Setting Kevin Rudd’s Environmental Record Straight
Former Australian prime minister Kevin Rudd wrote an angry letter to Jacobin last week, defending his work on climate change. Greens MP Adam Bandt begs to differ.
Kevin Rudd’s latest effort for relevance is a mystifying act of historical revisionism. Writing to Jacobin, the former prime minister has attempted to defend his record on climate change, blaming the Greens for his climate failure.
I have a simple message for Mr Rudd: declaring climate change the “greatest moral challenge of all time” and yet failing to act is as great a sin as denial.

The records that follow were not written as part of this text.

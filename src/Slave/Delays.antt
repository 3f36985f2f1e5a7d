-- ===== src/Slave/Delays.antt =====
-- src/ec_slave.c: the delays between slaves with distributed clocks, measured by the times at which
-- a frame passed their ports. Differences of times are 32-bit. `none` means that the fuel, a bound
-- on the depth of the tree, ran out; the walks over the ports of one slave have enough.
pub mod Ends
pub mod RoundTrip
pub mod Settled
use cherry_ecat.Prelude.{
  ℕ, zero, suc, ◌+◌, ◌%◌, ◌/◌, Option, none, some, List, [], ◌∷◌, if◌then◌else◌, u32_mod, sub_mod,
}
use cherry_ecat.Datagram.{Datagram}
use cherry_ecat.Datagram.Fill.{fpwr, frmw}
use cherry_ecat.Slave.Topology.{
  Port, Bus, edit_node, edit_port, next_of, prev_table, seek, visits, Outcome, calc_topology,
}

infixl 5 ◌>>=◌
abbrev pub ◌>>=◌ : {A B : Type 0} → Option A → (A → Option B) → Option B
none >>= f = none
some a >>= f = f a

-- for each element in turn
unfoldable pub fold : {S : Type 0} → (S → ℕ → Option S) → S → List ℕ → Option S
fold f s [] = some s
fold f s (p ∷ ps) = f s p >>= λ s'. fold f s' ps

-- receive_time of port `p` less that of the linked port before it
unfoldable pub port_rtt : (ℕ → Port) → ℕ → Option ℕ
port_rtt ports p = seek 4 prev_table ports p >>= λ prev.
    some (sub_mod u32_mod (ports p).receive_time (ports prev).receive_time)

-- ec_slave_calc_rtt_sum
unfoldable pub calc_rtt_sum : (ℕ → Port) → Option ℕ
unfolding port_rtt fold
calc_rtt_sum ports =
    visits 4 ports 0 >>= fold (λ sum p. port_rtt ports p >>= λ rtt. some ((sum + rtt) % u32_mod)) 0

-- The loop of ec_slave_find_next_dc_slave; `rec` is the call of itself.
unfoldable pub find_behind : (ℕ → Option (Option ℕ)) → Bus → ℕ → List ℕ → Option (Option ℕ)
find_behind rec bus q [] = some none
find_behind rec bus q (p ∷ ps) = elim (next_of bus q p) [
  | none ↦ find_behind rec bus q ps
  | some next ↦
      rec next >>= λ found. elim found [ some d ↦ some (some d) | none ↦ find_behind rec bus q ps ]
]

-- ec_slave_find_next_dc_slave
unfoldable pub find_next_dc_slave : ℕ → Bus → ℕ → Option (Option ℕ)
unfolding find_behind
find_next_dc_slave zero bus q = none
find_next_dc_slave (suc fuel) bus q =
    let behind =
      visits 4 (bus.nodes q).ports 0 >>= find_behind (find_next_dc_slave fuel bus) bus q in
    if (bus.nodes q).base_dc_supported then some (some q) else behind

-- ec_slave_find_next_dc_slave of the slave at port `p`
unfoldable pub dc_behind : ℕ → Bus → ℕ → ℕ → Option (Option ℕ)
unfolding find_next_dc_slave
dc_behind fuel bus q p = elim (next_of bus q p) [
  | none ↦ some none
  | some next ↦ find_next_dc_slave fuel bus next
]

-- `if (next_dc) { ... }`
abbrev pub if_some : {S : Type 0} → Option ℕ → S → (ℕ → Option S) → Option S
if_some none s f = some s
if_some (some d) s f = f d

-- The body of the loop of ec_slave_calc_port_delays.
unfoldable pub calc_port_delay : ℕ → ℕ → Bus → ℕ → Option Bus
unfolding dc_behind calc_rtt_sum
calc_port_delay fuel q bus p = dc_behind fuel bus q p >>= λ next_dc. if_some next_dc bus λ d.
    port_rtt (bus.nodes q).ports p >>= λ rtt. calc_rtt_sum (bus.nodes d).ports >>= λ next_rtt_sum.
    let delay = sub_mod u32_mod rtt next_rtt_sum / 2 in
    let bus1 = edit_port bus q p λ t. record t { delay_to_next_dc = delay } in
    some (edit_port bus1 d 0 λ t. record t { delay_to_next_dc = delay })

-- ec_slave_calc_port_delays
unfoldable pub calc_port_delays : ℕ → Bus → ℕ → Option Bus
unfolding calc_port_delay
calc_port_delays fuel bus q =
    if (bus.nodes q).base_dc_supported
    then visits 4 (bus.nodes q).ports 0 >>= fold (calc_port_delay fuel q) bus
    else some bus

-- The body of the loop of ec_slave_calc_transmission_delays; `rec` is the call of itself.
unfoldable pub transmit_behind :
    ℕ → (Bus → ℕ → ℕ → Option (Bus × ℕ)) → ℕ → Bus × ℕ → ℕ → Option (Bus × ℕ)
unfolding dc_behind
transmit_behind fuel rec q (bus, delay) p = dc_behind fuel bus q p >>= λ next_dc.
    if_some next_dc (bus, delay)
      λ d. rec bus d ((delay + ((bus.nodes q).ports p).delay_to_next_dc) % u32_mod)

-- ec_slave_calc_transmission_delays
unfoldable pub calc_transmission_delays : ℕ → Bus → ℕ → ℕ → Option (Bus × ℕ)
unfolding transmit_behind
calc_transmission_delays zero bus q delay = none
calc_transmission_delays (suc fuel) bus q delay =
    let bus1 = edit_node bus q λ s. record s { transmission_delay = delay } in
    visits 4 (bus1.nodes q).ports 0 >>= λ ps.
    fold (transmit_behind (suc fuel) (calc_transmission_delays fuel) q) (bus1, delay) ps >>= λ r.
    some (r.0, (r.1 + ((r.0.nodes q).ports 0).delay_to_next_dc) % u32_mod)

-- The loop of ec_master_find_dc_ref_clock, over the positions from `q` on.
unfoldable pub find_dc_ref_clock : ℕ → Bus → ℕ → Option ℕ
find_dc_ref_clock zero bus q = none
find_dc_ref_clock (suc left) bus q =
    let rest = find_dc_ref_clock left bus (q + 1) in
    if (bus.nodes q).base_dc_supported then some q else rest

-- The bus with what the master keeps of its distributed clocks: the reference clock, and the
-- datagrams that read and spread its time.
pub record Clocks : Type 0 where
  pub bus : Bus
  pub dc_ref_clock : Option ℕ
  pub dc_ref_sync : Datagram
  pub dc_all_sync : Datagram

-- `ref ? ref->station_address : 0xffff`, and the size of the system time
abbrev pub ref_address : Bus → Option ℕ → ℕ
ref_address bus none = 0xffff
ref_address bus (some r) = (bus.nodes r).station_address

abbrev pub ref_size : Bus → Option ℕ → ℕ
ref_size bus none = 4
ref_size bus (some r) = if (bus.nodes r).base_dc_64 then 8 else 4

-- ec_master_find_dc_ref_clock
unfoldable pub set_dc_ref_clock : Clocks → Clocks
unfolding find_dc_ref_clock
set_dc_ref_clock c =
    let ref = find_dc_ref_clock c.bus.slave_count c.bus 0 in
    record {
      bus = c.bus;
      dc_ref_clock = ref;
      dc_ref_sync = fpwr c.dc_ref_sync (ref_address c.bus ref) 0x910 (ref_size c.bus ref);
      dc_all_sync = frmw c.dc_all_sync (ref_address c.bus ref) 0x910 (ref_size c.bus ref);
    }

-- The loop of ec_master_calc_transmission_delays over all slaves, from position `q` on.
unfoldable pub all_port_delays : ℕ → ℕ → Bus → ℕ → Option Bus
unfolding calc_port_delays
all_port_delays fuel zero bus q = some bus
all_port_delays fuel (suc left) bus q =
    calc_port_delays fuel bus q >>= λ b. all_port_delays fuel left b (q + 1)

-- ec_master_calc_transmission_delays
unfoldable pub all_delays : ℕ → Bus → Option ℕ → Option Bus
unfolding all_port_delays calc_transmission_delays
all_delays fuel bus ref = all_port_delays fuel bus.slave_count bus 0 >>= λ b. elim ref [
  | none ↦ some b
  | some r ↦ calc_transmission_delays fuel b r 0 >>= λ t. some t.0
]

-- ec_master_calc_dc ends, stops at the failed assertion that there is a topology, or needs more fuel.
pub data DcOutcome : Type 0 where
  clocks : Clocks → DcOutcome
  asserted endless : DcOutcome

abbrev pub put_bus : Clocks → Option Bus → DcOutcome
put_bus c none = DcOutcome.endless
put_bus c (some b) = DcOutcome.clocks (record c { bus = b })

-- What follows the call of ec_master_calc_topology, whose success is asserted.
unfoldable pub on_topology : ℕ → Clocks → Outcome → DcOutcome
unfolding all_delays
on_topology fuel c (Outcome.linked bus pos) = put_bus c (all_delays fuel bus c.dc_ref_clock)
on_topology fuel c Outcome.failed = DcOutcome.asserted
on_topology fuel c Outcome.endless = DcOutcome.endless

-- ec_master_calc_dc
unfoldable pub calc_dc : ℕ → Clocks → DcOutcome
unfolding set_dc_ref_clock calc_topology on_topology
calc_dc fuel c =
    let c1 = set_dc_ref_clock c in on_topology fuel c1 (calc_topology fuel c1.bus none 0)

The Greens reached out to Rudd’s Labor Party to improve legislation and remove booby traps that would give giant polluters the chance to get off scot-free. But, as has been extensively reported, Labor decided they didn’t want to work with us because negotiating with, then driving a wedge into, the Liberal Party was a bigger priority for them. So we voted against legislation that would have locked Australia in to dangerous levels of global heating.
Perhaps Rudd is jealous that Julia Gillard accomplished what he could not, bringing together Greens, Labor, and independents to make polluters pay for some of the costs of their pollution. As they crab walk back toward coal, today’s Labor has enlisted Rudd in their latest assault on truth, airbrushing Gillard’s cooperative carbon price out of the picture. With the Greens in a power-sharing agreement with Gillard’s Labor, we introduced world-leading climate legislation. For the only time in Australia’s modern history, pollution started going down.
Perhaps the ultimate in cant, though, is Labor bemoaning the Rudd scheme defeat but no longer even supporting a pollution tax, despite it being more politically palatable now than ever. If it were reintroduced now, even Labor wouldn’t vote for Rudd’s scheme.
Moving On
If we’re going to get serious about tackling the climate emergency, we can’t keep wasting our time rehashing the policy debates of a decade ago. Instead, we need to confront the reality of the crises we face and take the urgent action required to tackle them.
Right now, across the world, we’re facing an inequality crisis and a climate crisis. Our community bears the brunt of an increasingly unfair system, a system that cuts taxes for the extremely wealthy while leaving others in desperate poverty — a system where some of us are working harder and longer, while others are shockingly underemployed in insecure work. At the same time, we have a climate and ecological crisis that leaves us with a decade to phase out thermal coal and get everything, from our factories and homes to our buses and cars, running on clean, cheap electricity.
These crises are not only threatening our way of life but our lives themselves.
We need to build a society where we care for each other and leave no one behind as we stop the seas from rising and our country from burning.
A price on pollution is still necessary but no longer sufficient. We need government intervention on the scale of the Apollo program. We need a Green New Deal for Australia, a transformative plan to get us out of the overlapping crises of climate emergency and economic inequality.
With a Green New Deal, we can break free from the false dichotomy that we must choose between tackling the climate crisis and delivering better outcomes for workers.
A Green New Deal also recognies historical dispossession and provides justice for First Nations people — which means treaty, voice, and truth-telling — and a leading role for them in this transition.
Taking the urgent action we need to transform our society is an opportunity for equality and justice. This is our chance to shift Australia to a clean, renewable economy while building a more caring and equal society.
Kevin Rudd can keep defending his failure — and sidelining Gillard’s achievements — all he likes. In the meantime, the Greens will keep building power across the community to create a Green New Deal for good jobs, real justice, and the climate action we so desperately need.